In principle, α is related to |Δ|. Indeed, we find that values of α determined from simulations and values of |Δ| derived using the same parameters (Ns,Ds,L, A) are close in magnitude and have similar slopes with increasing φs (Fig. 4D). Unlike α, however, Δ does not account for all contributions to the changes in free energy upon binding, such as misaligned rod association or “slip” (Fig. 1B), rod rotational entropy, multiple rod interactions, and aggregate entropy. Interestingly, these additional contributions cause α to vary linearly with φr, as shown in Fig. 4E, and thus shift α from the predictions of the AO theory by only a constant. Finally, we further tested the predictions of eqn [3] by varying Ds and found the behavior of α and |Δ| comparable (Fig. 4F).

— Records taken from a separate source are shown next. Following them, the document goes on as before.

-- ===== src/Tests/Controller.antt =====
-- Addresses on the plane of the controller at concrete inputs (services/mixins/controller.py).
use satgonetem.Base.{
  ◌≡◌, ◌≢◌, ◌⊎◌, refl, Bool, true, false, Bool-cases, inl, inr, [], ◌==◌, ℕ, Text, codes, pos, ok,
  raise, value_error, runtime_error, text_eq, list_eq, decimal, nat_beq, if◌then◌else◌, split,
  int_of_text, left_strip, right_strip,
}
use satgonetem.Address.{
  get_ipv4_address, quaddot, value_from, padded, binary_fuel, link_addresses, is_valid_ipv4,
}
use satgonetem.Address.Distinct.{side}
use satgonetem.Launch.Containers.{splitlines}
use satgonetem.Acts.{◌>>=◌}
use satgonetem.Acts.Ends.{IsOk}
use satgonetem.Acts.Leads.{Post}
use satgonetem.Controller.{
  build_controller_ip, Command, on_host, Shell, Plane, delete_veth, add_address,
  setup_controller_connection, cleanup_controller_connection, run_command,
}
use satgonetem.Controller.Rollback.{IsHost, setup_controller_connection_lem}
use satgonetem.Controller.Distinct.{build_controller_ip-distinct}

first_runs : build_controller_ip (pos 5) ≡ ok (codes "248.0.0.11")
unfolding build_controller_ip quaddot value_from padded binary_fuel decimal
first_runs = refl

second_runs : build_controller_ip (pos 8191) ≡ ok (codes "248.0.63.255")
unfolding build_controller_ip quaddot value_from padded binary_fuel decimal
second_runs = refl

too_large : build_controller_ip (pos 8192) ≡ raise value_error
unfolding build_controller_ip quaddot value_from padded binary_fuel decimal
too_large = refl

abbrev link_pair : Text × Text
link_pair = (codes "128.10.0.76", codes "128.10.0.77")

link_runs : get_ipv4_address (pos 5) (pos 9) (codes "Satellite") false ≡ ok link_pair
unfolding get_ipv4_address link_addresses quaddot value_from padded binary_fuel decimal
    is_valid_ipv4 split int_of_text
link_runs = refl

-- The kinds start with different letters.
satellite_is_other : codes "Satellite" ≢ codes "UserTerminal"
satellite_is_other e = absurd cc

build_controller_ip-distinct_example :
    ((pos 5 ≡ pos 8191) ⊎ (codes "248.0.0.11" ≢ codes "248.0.63.255"))
    × (side true link_pair ≢ codes "248.0.0.11")
build_controller_ip-distinct_example =
    build_controller_ip-distinct (pos 5) (pos 8191) (pos 5) (pos 9) (codes "Satellite") false true
      (codes "248.0.0.11") (codes "248.0.63.255") link_pair first_runs second_runs link_runs
      satellite_is_other

abbrev plane : Plane
plane = record {
  veth_host = codes "veth0";
  veth_peer = codes "veth1";
  bridge = codes "brctl";
  host_ip = codes "248.0.0.1";
  subnet_prefix = 5;
}

abbrev same_command : Command → Command → Bool
same_command (on_host ws) (on_host vs) = ws == vs
same_command _ _ = false

-- The state says whether the host has its address. Adding it is answered with a return code.
unfoldable host_shell : ℕ → Shell Bool
host_shell code c up =
    if same_command c (delete_veth plane)
    then (false, ok (1, []))
    else if same_command c (add_address plane)
    then (nat_beq code 0, ok (code, []))
    else (up, ok (0, codes "5a0c"))

always_answered : (code : ℕ) (c : Command) (up : Bool) → IsOk (host_shell code c up).1
unfolding host_shell
always_answered code c up = elim (Bool-cases (same_command c (delete_veth plane))) [
  | inl deleting ↦ ((1, []), rw deleting refl)
  | inr other ↦ elim (Bool-cases (same_command c (add_address plane))) [
    | inl adding ↦ ((code, []), rw (other, adding) refl)
    | inr none_of_them ↦ ((0, codes "5a0c"), rw (other, none_of_them) refl)
  ]
]

host_shell-IsHost : IsHost (host_shell 0) plane (λ up. up ≡ true) (λ up. up ≡ false)
unfolding host_shell decimal
host_shell-IsHost = record {
  answers = always_answered 0;
  deletes = λ up. refl;
  finds = λ up down. down;
  adds = λ up out e. refl;
}

setup_controller_connection_lem_example :
    Post
      (λ _ up. up ≡ true)
      (λ up. up ≡ false)
      (setup_controller_connection (host_shell 0) plane false)
    × (let left = (setup_controller_connection (host_shell 0) plane false).0 in
        IsOk (cleanup_controller_connection (host_shell 0) plane left).1
        × ((cleanup_controller_connection (host_shell 0) plane left).0 ≡ false))
setup_controller_connection_lem_example =
    setup_controller_connection_lem (host_shell 0) plane (λ up. up ≡ true) (λ up. up ≡ false)
      host_shell-IsHost false refl

setup_succeeds : setup_controller_connection (host_shell 0) plane false ≡ (true, ok tt)
unfolding setup_controller_connection host_shell ◌>>=◌ run_command splitlines left_strip right_strip
    decimal
setup_succeeds = refl

setup_fails : setup_controller_connection (host_shell 1) plane false ≡ (false, raise runtime_error)
unfolding setup_controller_connection host_shell ◌>>=◌ run_command splitlines left_strip right_strip
    decimal
setup_fails = refl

Note that, for the experiments, |Δ| overestimates α. This most likely reflects the fact that our experimental setup is quasi-2D, with a container thickness of 20Dr. Therefore, out-of-plane sphere bouncing in experiments significantly decreases the effective φs that causes rod aggregation, as we have similarly shown for rod-only systems. We can empirically account for out-of-plane sphere configurations by dividing the sphere density used in eqn [1] by 7.5. This value roughly agrees with previous estimates indicating that, on average, the centre of mass of a sphere lies between 3 to 7 Ds above the container bottom for our experimental conditions15.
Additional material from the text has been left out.